- **What you need to do**
Whenever "none" occurs in a line of the material, list that line.

- **Material for this task**
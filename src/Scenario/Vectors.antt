-- ===== src/Scenario/Vectors.antt =====
-- The submodule vectors that `addModule` of src/mgmt/MosaicScenarioManager.cc enlarges.
use Prim.Native.String.{String}
use text.Mathlib.Text.{◌==◌ as str_eq}
use text.Mathlib.TextEquality.{eq_iff}
use omnetpp_federate.Prelude.{
  Option, none, ℕ, ◌+◌, ◌-◌, ◌^◌, ◌%◌, ◌<◌, ◌≤◌, ◌≡◌, ◌⊎◌, refl, some, none, Option-cases, List, [],
  ◌∷◌, leb, arith, if◌then◌else◌, Bool-cases, inl, inr, sym, subst,
}
use omnetpp_federate.Prelude.Int.{ℤ, to_u32}
use omnetpp_federate.Prelude.Outcome.{stop, Ends, runtime_error}
use omnetpp_federate.Prelude.Dict.{lookup}
use omnetpp_federate.Scenario.{
  Manager, Node, Creator, vector_size, set_size, make_room, is_index, add_module,
}

vector_size-set_size :
    (i name : String) (size : ℕ) (vs : List (String × ℕ))
    → vector_size i (set_size name size vs)
      ≡ (if str_eq name i then some size else vector_size i vs)
unfolding vector_size set_size
vector_size-set_size i name size [] = ground arith
vector_size-set_size i name size ((n, old) ∷ vs) =
    ground (arith, eq_iff name i, eq_iff n name, eq_iff n i, vector_size-set_size i name size vs)

-- The size of a vector, zero if there is none.
abbrev places : Option ℕ → ℕ
places none = 0
places (some size) = size

-- The vectors `ws` are `vs`, but for one, which is longer than the index and no shorter than before.
abbrev pub HasPlace : String → ℕ → List (String × ℕ) → List (String × ℕ) → Type 0
HasPlace name index vs ws =
    (size : ℕ) × (index < size)
    × (places (vector_size name vs) ≤ size)
    × ((i : String) → vector_size i ws ≡ (if str_eq name i then some size else vector_size i vs))

set_size-HasPlace :
    (name : String) (index : ℕ) (vs : List (String × ℕ))
    → index < 2 ^ 32 - 1
    → places (vector_size name vs) ≤ index
    → HasPlace name index vs (set_size name ((index + 1) % 2 ^ 32) vs)
set_size-HasPlace name index vs small below =
    let size : ℕ = (index + 1) % 2 ^ 32 in
    let grown : size ≡ index + 1 = omega arith in
    (size, omega arith, omega arith, λ i. vector_size-set_size i name size vs)

make_room-HasPlace :
    (name : String) (index : ℕ) (vs : List (String × ℕ))
    → index < 2 ^ 32 - 1
    → HasPlace name index vs (make_room name index vs)
unfolding make_room
make_room-HasPlace name index vs small =
    let larger : List (String × ℕ) = set_size name ((index + 1) % 2 ^ 32) vs in
    elim (Option-cases (vector_size name vs)) [
      | inl e ↦
          let made : make_room name index vs ≡ larger = rw (make_room, e) refl in
          let below : places (vector_size name vs) ≤ index = rw e (omega arith) in
          subst (HasPlace name index vs) (sym made) (set_size-HasPlace name index vs small below)
      | inr (size, e) ↦ elim (Bool-cases (leb size index)) [
        | inl q ↦
            let made : make_room name index vs ≡ larger = rw (make_room, e, q) refl in
            let below : places (vector_size name vs) ≤ index = rw e (ground arith) in
            subst (HasPlace name index vs) (sym made) (set_size-HasPlace name index vs small below)
        | inr q ↦
            let made : make_room name index vs ≡ vs = rw (make_room, e, q) refl in
            let same : places (vector_size name vs) ≤ size = rw e (omega arith) in
            subst (HasPlace name index vs) (sym made)
              (size, ground arith, same, λ i. ground (arith, e, eq_iff name i))
      ]
    ]

module _ {D Q S : Type 0} where
  -- A new node of a known type gets a place in the vector of the given name if its id, cast to an
  -- unsigned index, is below 2 ^ 31 - 1, so that the size behind it is an `int`: then the vector is
  -- behind the call longer than the index and not shorter than before, and the other vectors are as
  -- before. With any other id, as each negative one, `addModule` throws.
  pub add_module-HasPlace :
      (create : Creator D Q) (id : ℤ) (type name : String) (n : Node D Q) (s : Manager D Q S)
      → lookup id s.nodes ≡ none
      → create type ≡ some n
      → ((to_u32 id < 2 ^ 31 - 1)
          × Ends
              (add_module create id type name s)
              (λ t. HasPlace name (to_u32 id) s.vectors t.vectors))
        ⊎ ((2 ^ 31 - 1 ≤ to_u32 id) × (add_module create id type name s ≡ stop runtime_error s))
  unfolding add_module
  add_module-HasPlace create id type name n s fresh known =
      elim (Bool-cases (is_index (to_u32 id))) [
        | inl near ↦ inl (
          ground arith,
          rw (add_module, fresh, known, near)
              (make_room-HasPlace name (to_u32 id) s.vectors (ground arith)),
        )
        | inr far ↦ inr (ground arith, rw (add_module, fresh, known, far) refl)
      ]
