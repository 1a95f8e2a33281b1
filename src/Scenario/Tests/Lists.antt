-- ===== src/Scenario/Tests/Lists.antt =====
-- Lists of nodes that come and go, and places for their modules.
use omnetpp_federate.Prelude.{
  ℕ, ◌<◌, ◌≤◌, ◌-◌, ◌^◌, ◌⊎◌, ◌≡◌, refl, List, [], ◌∷◌, map, true, false,
}
use omnetpp_federate.Prelude.Int.{pos, to_u32}
use omnetpp_federate.Prelude.Outcome.{stop, Ends, runtime_error}
use omnetpp_federate.Prelude.Dict.{lookup}
use omnetpp_federate.Messages.{MosaicMobilityCmd, add_nodes, remove_nodes}
use omnetpp_federate.Scheduler.Simulation.{mobility}
use omnetpp_federate.Scenario.{Node, add_module}
use omnetpp_federate.Scenario.Handlers.{handle_message}
use omnetpp_federate.Scenario.Removing.{Drops, can_drop, nodes_of, handle_message-Drops}
use omnetpp_federate.Scenario.Vectors.{HasPlace, add_module-HasPlace}
use omnetpp_federate.Scenario.Settling.{Settles, can_settle, handle_message-Settles}
use omnetpp_federate.Scenario.Tests.{
  creator, event, here, kernel, manager, move, silent, there, vehicle,
}

-- Vehicle 0 is removed.
handle_message-Drops_example : Drops (pos 0 ∷ []) (nodes_of manager) manager (
    handle_message kernel silent creator
      (event (mobility (record move { cmd_type = remove_nodes; node_id = pos 0 ∷ [] })))
      manager)
handle_message-Drops_example =
    handle_message-Drops kernel silent creator
      (event (mobility (record move { cmd_type = remove_nodes; node_id = pos 0 ∷ [] })))
      (record move { cmd_type = remove_nodes; node_id = pos 0 ∷ [] }) manager refl refl

can_drop_vehicle : can_drop (pos 0 ∷ []) (nodes_of manager) ≡ true
unfolding lookup
can_drop_vehicle = refl

add_module-HasPlace_example :
    ((1 < 2 ^ 31 - 1)
      × Ends
          (add_module creator (pos 1) "Car" "veh" manager)
          (λ t. HasPlace "veh" 1 (("veh", 1) ∷ []) t.vectors))
    ⊎ ((2 ^ 31 - 1 ≤ 1)
        × (add_module creator (pos 1) "Car" "veh" manager ≡ stop runtime_error manager))
unfolding lookup to_u32
add_module-HasPlace_example =
    add_module-HasPlace creator (pos 1) "Car" "veh" (record vehicle { initialized = false }) manager
      refl refl

-- Vehicle 0 is there, and the vehicles 1 and 2 are added, or 2 before 1.
abbrev additions : List ℕ → MosaicMobilityCmd ℕ
additions is = record { cmd_type = add_nodes; node_id = map pos is; position = there ∷ here ∷ [] }

abbrev car : Node ℕ ℕ
car = record vehicle { initialized = false }

handle_message-Settles_example :
    Settles creator car
      (pos 0)
      (1 ∷ 2 ∷ [])
      (there ∷ here ∷ [])
      1
      (nodes_of manager)
      (handle_message kernel silent creator (event (mobility (additions (1 ∷ 2 ∷ [])))) manager)
handle_message-Settles_example =
    handle_message-Settles kernel silent creator (event (mobility (additions (1 ∷ 2 ∷ []))))
      (additions (1 ∷ 2 ∷ [])) manager car (pos 0) (1 ∷ 2 ∷ []) refl refl refl refl refl refl

in_order : can_settle car (1 ∷ 2 ∷ []) (there ∷ here ∷ []) 1 (nodes_of manager) ≡ true
unfolding lookup to_u32
in_order = refl

out_of_order : can_settle car (2 ∷ 1 ∷ []) (there ∷ here ∷ []) 1 (nodes_of manager) ≡ false
unfolding lookup to_u32
out_of_order = refl

-- The greatest `int` is no index, though its vehicle is new.
too_far : add_module creator (pos 2147483647) "Car" "veh" manager ≡ stop runtime_error manager
unfolding add_module lookup to_u32
too_far = refl
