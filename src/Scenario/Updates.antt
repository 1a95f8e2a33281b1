-- ===== src/Scenario/Updates.antt =====
-- An update of the ambassador on its way: what src/mgmt/MosaicEventScheduler.cc makes of it, and
-- what src/mgmt/MosaicScenarioManager.cc does with that.
use omnetpp_federate.Prelude.{
  some_injective, ◌≡◌, refl, Option, none, some, true, List, [], ◌∷◌, map, length, arith,
  if◌then◌else◌, ◌∙◌, ap, sym,
}
use omnetpp_federate.Prelude.Int.{ℤ, eq_ℤ}
use omnetpp_federate.Prelude.Outcome.{Ends, Ends-mono}
use omnetpp_federate.Messages.{Coord, MosaicMobilityCmd, move_nodes}
use omnetpp_federate.Channel.Types.{NodeData, UpdateNodeReturn, update_move_node}
use omnetpp_federate.Channel.Interface.{Channel}
use omnetpp_federate.Scheduler.Simulation.{Kernel, Event, mobility}
use omnetpp_federate.Scheduler.Commands.{
  process_update_node_command, mobility_payload, command_of_type,
}
use omnetpp_federate.Scheduler.{Scheduler}
use omnetpp_federate.Scenario.{Manager, Creator}
use omnetpp_federate.Scenario.Handlers.{handle_message}
use omnetpp_federate.Scenario.Positions.{position, replaced, moved, handle_message-moved}

length-map : {A B : Type 0} (g : A → B) (xs : List A) → length (map g xs) ≡ length xs
length-map g [] = refl
length-map g (x ∷ xs) = omega (arith, length-map g xs)

module _ {D : Type 0} (zero_double : D) where
  abbrev place_of : NodeData D → Coord D
  place_of n = record { x = n.x; y = n.y; z = zero_double }

  -- The positions behind an update: each entry replaces the place of its node, if that has one.
  abbrev carried : List (NodeData D) → (ℤ → Option (Coord D)) → ℤ → Option (Coord D)
  carried [] f i = f i
  carried (n ∷ ns) f i =
      carried ns (λ j. if eq_ℤ j n.id then replaced (place_of n) (f j) else f j) i

  abbrev command : UpdateNodeReturn D → MosaicMobilityCmd D
  command message = process_update_node_command zero_double message move_nodes true

  payload_of_move :
      (message : UpdateNodeReturn D)
      → message.type ≡ update_move_node
      → mobility_payload zero_double message ≡ some (mobility (command message))
  unfolding mobility_payload command_of_type
  payload_of_move message type =
      ap
        (λ t. elim (command_of_type zero_double message t) [
          | none ↦ none
          | some cmd ↦ some (mobility cmd)
        ])
        type

  moved-carried :
      (ns : List (NodeData D)) (f : ℤ → Option (Coord D)) (i : ℤ)
      → moved (map (λ (n : NodeData D). n.id) ns) (map place_of ns) f i ≡ carried ns f i
  moved-carried [] f i = refl
  moved-carried (n ∷ ns) f i = moved-carried ns _ i

  module _ {Q T F C : Type 0} (k : Kernel D T F) (ch : Channel D C) where
    -- An update of the ambassador that moves nodes becomes an event on which the scenario manager
    -- always returns, and then every known node that the update names is at the last place that it
    -- gives, with z zero, and the others are where they were.
    handle_message-carried :
        (create : Creator D Q) (e : Event D T) (message : UpdateNodeReturn D)
        (s : Manager D Q (Scheduler T F C))
        → message.type ≡ update_move_node
        → mobility_payload zero_double message ≡ some e.payload
        → Ends
            (handle_message k ch create e s)
            (λ t. (i : ℤ) → position t i ≡ carried message.properties (position s) i)
    unfolding process_update_node_command
    handle_message-carried create e message s type p =
        Ends-mono _ _ (handle_message k ch create e s)
          (handle_message-moved k ch create e (command message) s
            (some_injective (sym p ∙ payload_of_move message type)) refl
            (omega (
              arith,
              length-map (λ (n : NodeData D). n.id) message.properties,
              length-map place_of message.properties,
            )))
          (λ t h i. h i ∙ moved-carried message.properties (position s) i)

- **Reply**
  Option, none, ℕ, ◌+◌, ◌-◌, ◌^◌, ◌%◌, ◌<◌, ◌≤◌, ◌≡◌, ◌⊎◌, refl, some, none, Option-cases, List, [],
-- The size of a vector, zero if there is none.
places none = 0
      → lookup id s.nodes ≡ none
  some_injective, ◌≡◌, refl, Option, none, some, true, List, [], ◌∷◌, map, length, arith,
          | none ↦ none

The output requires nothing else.